The formula: /cars[?;]color[=-:]blue[,;+&]
, though I wouldn't use the &
sign as it is unrecognizable from the text at first glance if that's your thing.
** Did you know that passing JSON object in URI is RESTful? **
Lists of options
/cars?color=black,blue,red;doors=3,5;type=sedan #most prefered by me
/cars?color:black:blue:red;doors:3:5;type:sedan
/cars?color(black,blue,red);doors(3,5);type(sedan) #does not look bad at all
/cars?color:(black,blue,red);doors:(3,5);type:sedan #little difference
possible features?
Negate search strings (!)
To search any cars, but not black and red:?color=!black,!red
color:(!black,!red)
Joined searches
Search red or blue or black cars with 3 doors in garages id 1..20 or 101..103 or 999 but not 5
/garage[id=1-20,101-103,999,!5]/cars[color=red,blue,black;doors=3]

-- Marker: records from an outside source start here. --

-- ===== src/PortSort/Insert.antt =====
-- What `addNode` does to the list that the caller's head pointer reaches.
use platform.Common.{ℕ, zero, suc, ◌<◌, ◌≡◌, refl, sym, ap, ◌∙◌, ◌≢◌, Option, some}
use platform.Common.{List, [], ◌∷◌, arith, Outcome, ok, length, get_elem?, set}
use platform.Common.{if◌then◌else◌, Bool-cases, true, false, length-set}
use platform.Common.{get_elem?-set_ne, get_elem?-set_self, get_elem?-lt}
use platform.Common.{inl, inr}
use platform.Common.Int.{ltb_ℤ}
use platform.PortSort.{Heap, link, splice}
use platform.PortSort.Chain.{Cell, node_of, Chain, Avoids, Apart, Chain-set}

-- Behind every faster port, before the first that is not faster.
abbrev pub insert : Cell → List Cell → List Cell
insert m [] = m ∷ []
insert m (c ∷ cs) = if ltb_ℤ m.speed c.speed then c ∷ insert m cs else m ∷ c ∷ cs

-- The caller's list: a port that is not slower than the head stays outside it.
abbrev pub visible : Cell → List Cell → List Cell
visible m [] = []
visible m (c ∷ cs) = if ltb_ℤ m.speed c.speed then c ∷ insert m cs else c ∷ cs

pub record Spliced (h : Heap) (pre new : Cell) (cs : List Cell) (result : Outcome Heap)
    : Type 0 where
  pub heap : Heap
  pub returns : result ≡ ok heap
  pub size : length heap ≡ length h
  pub chain : Chain heap (some pre.place) (pre ∷ insert new cs)
  pub others :
      (b : ℕ) → b ≢ new.place → b ≢ pre.place → Avoids b cs → get_elem? heap b ≡ get_elem? h b

module _ (h : Heap) (pre new : Cell) (cs : List Cell) (cur other : Option ℕ)
    (at_pre : get_elem? h pre.place ≡ some (node_of pre cur))
    (at_new : get_elem? h new.place ≡ some (node_of new other)) (ne : new.place ≢ pre.place) where
  abbrev linked : Heap
  linked = set (set h new.place (node_of new cur)) pre.place (node_of pre (some new.place))

  still : get_elem? (set h new.place (node_of new cur)) pre.place ≡ some (node_of pre cur)
  still = get_elem?-set_ne h new.place pre.place (node_of new cur) ne ∙ at_pre

  link-ok : link h pre.place new.place ≡ ok linked
  unfolding link
  link-ok = ground (arith, at_pre, at_new, still)

  link-Spliced :
      Chain h cur cs
      → Avoids new.place cs
      → Avoids pre.place cs
      → (insert new cs ≡ new ∷ cs)
      → Spliced h pre new cs (link h pre.place new.place)
  link-Spliced k out_new out_pre front = record {
    heap = linked;
    returns = link-ok;
    size = length-set (set h new.place (node_of new cur)) pre.place _ ∙ length-set h new.place _;
    chain = rw front (
      refl,
      some new.place,
      get_elem?-set_self (set h new.place (node_of new cur)) pre.place _
          (get_elem?-lt (set h new.place (node_of new cur)) pre.place still),
      (
        refl,
        cur,
        get_elem?-set_ne (set h new.place (node_of new cur)) pre.place new.place _ (λ e. ne (sym e))
            ∙ get_elem?-set_self h new.place _ (get_elem?-lt h new.place at_new),
        Chain-set _ cur cs pre.place _ out_pre (Chain-set h cur cs new.place _ out_new k),
      ),
    );
    others = λ b n p out.
        get_elem?-set_ne (set h new.place (node_of new cur)) pre.place b _ (λ e. p (sym e))
        ∙ get_elem?-set_ne h new.place b _ (λ e. n (sym e));
  }

module _ (fuel : ℕ) (h : Heap) (pre new c : Cell) (n other : Option ℕ)
    (at_pre : get_elem? h pre.place ≡ some (node_of pre (some c.place)))
    (at_new : get_elem? h new.place ≡ some (node_of new other))
    (at_c : get_elem? h c.place ≡ some (node_of c n)) where
  splice-slower :
      ltb_ℤ new.speed c.speed ≡ false
      → splice (suc fuel) h (some c.place) pre.place new.place ≡ link h pre.place new.place
  unfolding splice
  splice-slower e = rw (at_c, at_new, e)

  splice-faster :
      ltb_ℤ new.speed c.speed ≡ true
      → splice (suc fuel) h (some c.place) pre.place new.place ≡ splice fuel h n c.place new.place
  unfolding splice
  splice-faster e = rw (at_c, at_new, e, at_pre)

-- One round of the loop in front of what the later rounds do.
Spliced-cons :
    (h : Heap) (pre new c : Cell) (cs : List Cell) (result : Outcome Heap)
    → get_elem? h pre.place ≡ some (node_of pre (some c.place))
    → pre.place ≢ new.place
    → Avoids pre.place (c ∷ cs)
    → ltb_ℤ new.speed c.speed ≡ true
    → Spliced h c new cs result
    → Spliced h pre new (c ∷ cs) result
Spliced-cons h pre new c cs result at_pre ne out e s = record {
  heap = s.heap;
  returns = s.returns;
  size = s.size;
  chain =
      rw e (refl, some c.place, s.others pre.place ne (λ q. out.0 (sym q)) out.1 ∙ at_pre, s.chain);
  others = λ b p q away. s.others b p (λ r. away.0 (sym r)) away.1;
}

pub splice-Spliced :
    (fuel : ℕ) (h : Heap) (pre new : Cell) (cs : List Cell) (cur other : Option ℕ)
    → get_elem? h pre.place ≡ some (node_of pre cur)
    → get_elem? h new.place ≡ some (node_of new other)
    → new.place ≢ pre.place
    → length cs < fuel
    → Chain h cur cs
    → Apart cs
    → Avoids new.place cs
    → Avoids pre.place cs
    → Spliced h pre new cs (splice fuel h cur pre.place new.place)
unfolding splice
splice-Spliced zero h pre new cs cur other at_pre at_new ne room k apart out_new out_pre =
    absurd (omega arith)
splice-Spliced (suc fuel) h pre new [] cur other at_pre at_new ne room k apart out_new out_pre =
    rw k (link-Spliced h pre new [] cur other at_pre at_new ne k tt tt refl)
splice-Spliced (suc fuel) h pre new (c ∷ cs) cur other at_pre at_new ne room k apart out_new
      out_pre =
    rw k.0 (elim (Bool-cases (ltb_ℤ new.speed c.speed)) [
      | inr e ↦
          rw (splice-slower fuel h pre new c k.1 other here at_new k.2 e) (
            link-Spliced h pre new (c ∷ cs) cur other at_pre at_new ne k out_new out_pre
              (rw e refl))
      | inl e ↦ rw (splice-faster fuel h pre new c k.1 other here at_new k.2 e) (
          Spliced-cons h pre new c cs _ here (λ q. ne (sym q)) out_pre e
            (splice-Spliced fuel h c new cs k.1 other k.2 at_new (λ q. out_new.0 (sym q))
              (omega arith) k.3 apart.1 out_new.1 apart.0))
    ])
  where
    here : get_elem? h pre.place ≡ some (node_of pre (some c.place))
    here = at_pre ∙ ap (λ t. some (node_of pre t)) k.0
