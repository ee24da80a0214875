-- ===== src/Choice/Rings.antt =====
-- `get_port_speed` and `get_port_ringnum`: the rings of each port by its weight, dealt out in turn
-- along the list of ports where the weight does not divide them. What `rte_eth_link_get` says of a
-- port's speed is a parameter. `rte_exit` is `exited`.
pub mod Deal
pub mod Visit
pub mod Total
use platform.Common.{ℕ, zero, suc, ◌+◌, ◌%◌, ◌^◌, Option, none, some, Bool, true, false}
use platform.Common.{
  Outcome, ok, exited, fault, ◌>>=◌, expect, load, store, ltb, ◌==◌, if◌then◌else◌,
}
use platform.Common.{List, []}
use platform.Common.Int.{ℤ, pos, negsuc, eqb_ℤ, signed32, unsigned}
use platform.Double.{Double}
use platform.PortTable.{Uthash, find_weight, or_else}
use platform.PortSort.{Node, Heap, node, creat_node, add_node}
use platform.Device.{Context, port_size}

-- `link.link_speed`, a `uint32_t`; the port is a `uint8_t`.
unfoldable pub get_port_speed : (ℕ → ℕ) → ℕ → ℕ
get_port_speed link_speed port_id = link_speed (port_id % 2 ^ 8) % 2 ^ 32

-- `n` rounds of `port_ringnum[cur->port_number]++` with `cur` going round the list from `sort`.
pub deal : ℕ → Heap → Option ℕ → Option ℕ → (ℕ → ℕ) → Outcome (ℕ → ℕ)
deal zero h sort cur rings = ok rings
deal (suc n) h sort none rings = fault
deal (suc n) h sort (some c) rings = do
  x ← node h c
  v ← load port_size rings x.port_number
  rings' ← store port_size rings x.port_number ((v + 1) % 2 ^ 16)
  deal n h sort (elim x.next [ none ↦ sort | some y ↦ some y ]) rings'

-- `a % b` on `int`.
pub rem_int : ℤ → ℤ → Outcome ℤ
rem_int a (pos zero) = fault
rem_int (pos n) (pos (suc m)) = ok (pos (n % suc m))
rem_int (negsuc n) (pos (suc m)) = ok (elim (suc n % suc m) [ zero ↦ pos 0 | suc r ↦ negsuc r ])
rem_int (pos n) (negsuc m) = ok (pos (n % suc m))
rem_int (negsuc n) (negsuc m) = ok (elim (suc n % suc m) [ zero ↦ pos 0 | suc r ↦ negsuc r ])

-- The local variables of the first loop of `get_port_ringnum`. `sort` is NULL until the first port
-- is seen.
pub record Scan (d : Double) : Type 0 where
  pub heap : Heap
  pub sort : Option ℕ
  pub weight : ℤ
  pub weight_sum : d.Num

module _ (d : Double) (u : Uthash d) (table : u.Table) (link_speed : ℕ → ℕ) where
  open d use {Num, from_int, to_int, to_u16}

  -- `speed` and `weight` of the port at a place of `port_list`.
  unfoldable pub int_speed : ℕ → ℤ
  int_speed t = signed32 (get_port_speed link_speed t)

  unfoldable pub int_weight : ℕ → ℤ
  int_weight t = to_int (find_weight d u table (int_speed t))

  -- One round of the first loop.
  pub scan_port : Context → ℕ → Scan d → Outcome (Scan d)
  scan_port ctx portid s = do
    listed ← load port_size ctx.port_list portid
    let t = listed % 2 ^ 8
    let weight = int_weight t
    let sum = d.add s.weight_sum (from_int weight)
    if eqb_ℤ weight (negsuc 0)
        then exited
        else if portid == 0
        then (let (h, a) = creat_node s.heap (int_speed t) (pos t) in
            ok (record { heap = h; sort = some a; weight = weight; weight_sum = sum }))
        else (do
          h ← add_node s.heap s.sort (int_speed t) (pos t)
          ok (record { heap = h; sort = s.sort; weight = weight; weight_sum = sum }))

  pub scan : ℕ → Context → ℕ → Scan d → Outcome (Scan d)
  scan zero ctx portid s = ok s
  scan (suc left) ctx portid s = do s' ← scan_port ctx portid s; scan left ctx (portid + 1) s'

  -- The loop that gives each port its share of the rings by weight.
  pub shares : ℕ → Context → ℕ → Num → (ℕ → ℕ) → Outcome (ℕ → ℕ)
  shares zero ctx portid weight_sum rings = ok rings
  shares (suc left) ctx portid weight_sum rings = do
    listed ← load port_size ctx.port_list portid
    let t = listed % 2 ^ 8
    n ←
        expect (
          to_u16 (d.mul (d.div (from_int (int_weight t)) weight_sum) (from_int (pos ctx.ring_num))))
    rings' ← store port_size rings t n
    shares left ctx (portid + 1) weight_sum rings'

  -- What the shares leave over, dealt out in turn. A negative remainder would run the counter down
  -- past the least `int`.
  pub rest_rings : Context → Scan d → (ℕ → ℕ) → Outcome (ℕ → ℕ)
  rest_rings ctx s rings = do
    m ← rem_int (signed32 ctx.ring_num) (to_int s.weight_sum)
    elim m [ pos n ↦ deal n s.heap s.sort s.sort rings | negsuc n ↦ fault ]

  pub get_port_ringnum : Context → Outcome Context
  get_port_ringnum ctx = if ltb ctx.ring_num ctx.port_num then exited else (do
    s ←
        scan ctx.port_num ctx 0
          (record { heap = []; sort = none; weight = pos 0; weight_sum = from_int (pos 0) })
    if ltb ctx.ring_num (unsigned 32 s.weight)
        then (do
          rings ← deal ctx.ring_num s.heap s.sort s.sort ctx.port_ringnum
          ok (record ctx { port_ringnum = rings }))
        else (do
          rings ← shares ctx.port_num ctx 0 s.weight_sum ctx.port_ringnum
          rings' ← (if ctx.port_num == 1 then ok rings else rest_rings ctx s rings)
          ok (record ctx { port_ringnum = rings' })))
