-- ===== src/Choice/Rings/Deal.antt =====
-- Dealing rings along a list of ports.
use platform.Common.{ℕ, zero, suc, ◌+◌, ◌%◌, ◌^◌, ◌<◌, ◌≡◌, refl, Option, none, some}
use platform.Common.{List, [], ◌∷◌, arith, ok, load-ok, store-ok, update, sum_to}
use native.Mathlib.Nat.{mod-eq_of_lt}
use platform.Common.{get_elem?, sum_to-update, ◌==◌, if◌then◌else◌}
use platform.PortSort.{Heap}
use platform.PortSort.Chain.{Cell, node_of, Chain}
use platform.Choice.Rings.{deal}

-- Every port of the list is within the arrays.
abbrev pub PortsFit : List Cell → Type 0
PortsFit [] = Unit
PortsFit (c ∷ cs) = (c.port < 16) × PortsFit cs

-- The cells that come next, when the end of a list is followed by its start.
abbrev pub around : List Cell → List Cell → List Cell
around all [] = all
around all (c ∷ cs) = c ∷ cs

-- The array after `n` rounds, without the heap.
abbrev pub dealt : ℕ → List Cell → List Cell → (ℕ → ℕ) → ℕ → ℕ
dealt zero all cs rings = rings
dealt (suc n) all [] rings = rings
dealt (suc n) all (c ∷ cs) rings =
    dealt n all (around all cs) (update rings c.port (rings c.port + 1))

deal-suc :
    (n : ℕ) (h : Heap) (sort next : Option ℕ) (c : Cell) (rings : ℕ → ℕ)
    → get_elem? h c.place ≡ some (node_of c next)
    → c.port < 16
    → rings c.port + 1 < 2 ^ 16
    → deal (suc n) h sort (some c.place) rings
      ≡ deal n h sort
          (elim next [ none ↦ sort | some y ↦ some y ])
          (update rings c.port (rings c.port + 1))
unfolding deal
deal-suc n h sort next c rings at_c fits small = rw (
  at_c,
  load-ok 16 rings c.port fits,
  store-ok 16 rings c.port ((rings c.port + 1) % 2 ^ 16) fits,
  mod-eq_of_lt small,
)

-- A ring more for one port.
one_more :
    (n : ℕ) (rings : ℕ → ℕ) (q : ℕ)
    → ((p : ℕ) → p < 16 → rings p + suc n < 2 ^ 16)
    → (p : ℕ) → p < 16
    → update rings q (rings q + 1) p + n < 2 ^ 16
one_more n rings q small p h = ground (arith, small p h)

module _ (h : Heap) (sort : Option ℕ) (first : Cell) (others : List Cell)
    (whole : Chain h sort (first ∷ others)) (fit : PortsFit (first ∷ others)) where
  pub deal-dealt :
      (n : ℕ) (c : Cell) (cs : List Cell) (cur : Option ℕ) (rings : ℕ → ℕ)
      → Chain h cur (c ∷ cs)
      → PortsFit (c ∷ cs)
      → ((p : ℕ) → p < 16 → rings p + n < 2 ^ 16)
      → deal n h sort cur rings ≡ ok (dealt n (first ∷ others) (c ∷ cs) rings)
  unfolding deal
  deal-dealt zero c cs cur rings k f small = refl
  deal-dealt (suc n) c [] cur rings k f small =
      rw (k.0, deal-suc n h sort k.1 c rings k.2 f.0 (omega (arith, small c.port f.0)), k.3)
        (deal-dealt n first others sort _ whole fit (one_more n rings c.port small))
  deal-dealt (suc n) c (e ∷ cs) cur rings k f small =
      rw (k.0, deal-suc n h sort k.1 c rings k.2 f.0 (omega (arith, small c.port f.0)), k.3.0)
        (deal-dealt n e cs (some e.place) _ (refl, k.3.1, k.3.2, k.3.3) f.1
          (one_more n rings c.port small))

-- Every round gives one ring to a port of the arrays.
pub sum_to-dealt :
    (n : ℕ) (first : Cell) (others : List Cell) (c : Cell) (cs : List Cell) (rings : ℕ → ℕ)
    → PortsFit (first ∷ others)
    → PortsFit (c ∷ cs)
    → sum_to 16 (dealt n (first ∷ others) (c ∷ cs) rings) ≡ sum_to 16 rings + n
sum_to-dealt zero first others c cs rings fit f = omega arith
sum_to-dealt (suc n) first others c [] rings fit f = omega (
  arith,
  sum_to-dealt n first others first others (update rings c.port (rings c.port + 1)) fit fit,
  sum_to-update 16 rings c.port (rings c.port + 1) f.0,
)
sum_to-dealt (suc n) first others c (e ∷ cs) rings fit f = omega (
  arith,
  sum_to-dealt n first others e cs (update rings c.port (rings c.port + 1)) fit f.1,
  sum_to-update 16 rings c.port (rings c.port + 1) f.0,
)

-- With one port in the list that port takes every round.
pub dealt-single :
    (n : ℕ) (c : Cell) (rings : ℕ → ℕ) (p : ℕ)
    → dealt n (c ∷ []) (c ∷ []) rings p ≡ (if p == c.port then rings p + n else rings p)
dealt-single zero c rings p = ground arith
dealt-single (suc n) c rings p =
    ground (arith, dealt-single n c (update rings c.port (rings c.port + 1)) p)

You can then construct more complex search queries. (Look at CSS3 attribute matching for the idea of matching substrings. E.g. searching users containing "bar" user*=bar
.)
Conclusion
Anyway, this might be the most important part for you, because you can do it however you like after all, just keep in mind that RESTful URI represents a structure which is easily understood e.g. directory-like /directory/file
, /collection/node/item
, dates /articles/{year}/{month}/{day}
.. And when you omit any of last segments, you immediately know what you get.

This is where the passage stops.